The Ross procedure has been increasingly applied to neonates and infants. Addition of a modified Konno-type enlargement of the aortic annulus allows the application of this procedure to neonates and infants with significant annular hypoplasia. The potential for growth and the proven durability make the autograft an ideal aortic valve replacement.

METHODS

Between March 1993 and December 2000, 10 patients under 1 year of age underwent a Ross/Konno procedure at our institution (range, 2 to 349 days; median 16). All patients had severe to critical aortic stenosis.

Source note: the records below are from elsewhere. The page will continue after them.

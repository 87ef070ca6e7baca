-- ===== src/Syntax/Advance.antt =====
-- Every node of src/syntax.rs ends behind its start and within the source.
use bbtidy.Base.{ℕ, ◌+◌, ◌≤◌, ◌<◌, ◌≡◌, refl, Option-cases, inl, inr, length, arith}
use bbtidy.Text.{Text, slice}
use bbtidy.Scanner.Lines.{next_line_end}
use bbtidy.Scanner.Shell.{ScannerFunctionKind}
use bbtidy.Scanner.Python.{PythonDefHeader, python_def_header}
use bbtidy.Scanner.Functions.{function_opening_brace}
use bbtidy.Scanner.Bounds.{
  next_line_end_bounds, next_line_end_after, find_continuation_end-Within,
  find_brace_block_end-Within, python_def_header-Within, find_python_def_end_bounds,
}
use bbtidy.Syntax.Tree.{SyntaxKind}
use bbtidy.Syntax.Result.{Result, ok, err, ◌>>=◌}
use bbtidy.Syntax.Parse.{function_node, python_node, statement_end, statement_node, node_at}

module _ (source : Text) (offset : ℕ) where
  -- The end of a node, if there is one.
  abbrev pub Ends : Result (ℕ × SyntaxKind) → Type 0
  Ends (err e) = Unit
  Ends (ok (end, kind)) = (offset < end) × (end ≤ length source)

  function_node-Ends :
      (line : Text) (line_number : ℕ) (opening : ℕ × ScannerFunctionKind)
      → Ends (function_node source offset line line_number opening)
  unfolding function_node
  function_node-Ends line line_number (brace, kind) =
      ground (arith, find_brace_block_end-Within source (offset + brace) kind)

  python_node-Ends :
      (h : PythonDefHeader)
      → (offset ≤ h.def_start) × (h.def_start < h.header_end) × (h.header_end ≤ length source)
      → Ends (python_node source h)
  unfolding python_node
  python_node-Ends h w = ground (arith, find_python_def_end_bounds source h.header_end)

  pub statement_end_bounds :
      (line_number end : ℕ)
      → offset < length source
      → statement_end source offset
          (slice offset (next_line_end source offset) source)
          (next_line_end source offset)
          line_number
        ≡ ok end
      → (offset < end) × (end ≤ length source)
  unfolding statement_end
  statement_end_bounds line_number end h e = ground (
    arith,
    find_continuation_end-Within source offset h,
    next_line_end_bounds source offset,
    next_line_end_after source offset,
  )

  statement_node-Ends :
      (line_number : ℕ)
      → offset < length source
      → Ends (
          statement_node source offset
            (slice offset (next_line_end source offset) source)
            (next_line_end source offset)
            line_number)
  unfolding statement_node
  statement_node-Ends line_number h =
      chain (statement_end source offset _ _ line_number) _
        (λ end e. statement_end_bounds line_number end h e)
    where
      chain :
          (m : Result ℕ) (classify : ℕ → Result SyntaxKind)
          → ((end : ℕ) → m ≡ ok end → (offset < end) × (end ≤ length source))
          → Ends (m >>= λ end. classify end >>= λ kind. ok (end, kind))
      chain (err e) classify f = tt
      chain (ok end) classify f = classified (classify end) (f end refl)
        where
          classified :
              (k : Result SyntaxKind)
              → (offset < end) × (end ≤ length source)
              → Ends (k >>= λ kind. ok (end, kind))
          classified (err e) b = tt
          classified (ok kind) b = b

  pub node_at-Ends :
      (line_number : ℕ) → offset < length source → Ends (node_at source offset line_number)
  unfolding node_at
  node_at-Ends line_number h =
      let header = python_def_header-Within source offset (omega arith) in
      elim (Option-cases
        (function_opening_brace (slice offset (next_line_end source offset) source))) [
          | inr (opening, e) ↦ ground (
            arith,
            e,
            function_node-Ends (slice offset (next_line_end source offset) source) line_number
                opening,
          )
          | inl e ↦ elim (Option-cases (python_def_header source offset)) [
            | inr (d, e') ↦ ground (arith, e, e', header, python_node-Ends d)
            | inl e' ↦ ground (arith, e, e', statement_node-Ends line_number h)
          ]
        ]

All patients required aortic annulus enlargement for size mismatch between the aortic and pulmonary valves.

RESULTS

There were no deaths at a median follow-up of 48 months (range, 1 to 74 months). All patients had none to mild aortic stenosis on Doppler echocardiography. Eight patients had a 0 to 1+ aortic insufficiency, 1 patient had a 2+ aortic insufficiency, and 1 patient had a 3+ aortic insufficiency. Aortic annular dilatation was not observed. Aortic sinus dilatation occurred initially (mean change in z-value: 0 to 12 months, +2.1) and then stabilized (mean change in z-value: 12 to > 36 months, +0.6). No patient required additional procedures for aortic valve disease. Two patients required three pulmonary allograft replacements.

CONCLUSIONS

The Ross procedure with a modified Konno-type enlargement of the aortic annulus is an excellent approach to aortic valve disease in the neonate and infant. The procedure can be accomplished with low morbidity and mortality, and low rates of reoperation. The pulmonary autograft demonstrates durability without developing aortic stenosis, aortic insufficiency, or progressive dilatation. Enlargement of the aortic annulus parallels somatic growth.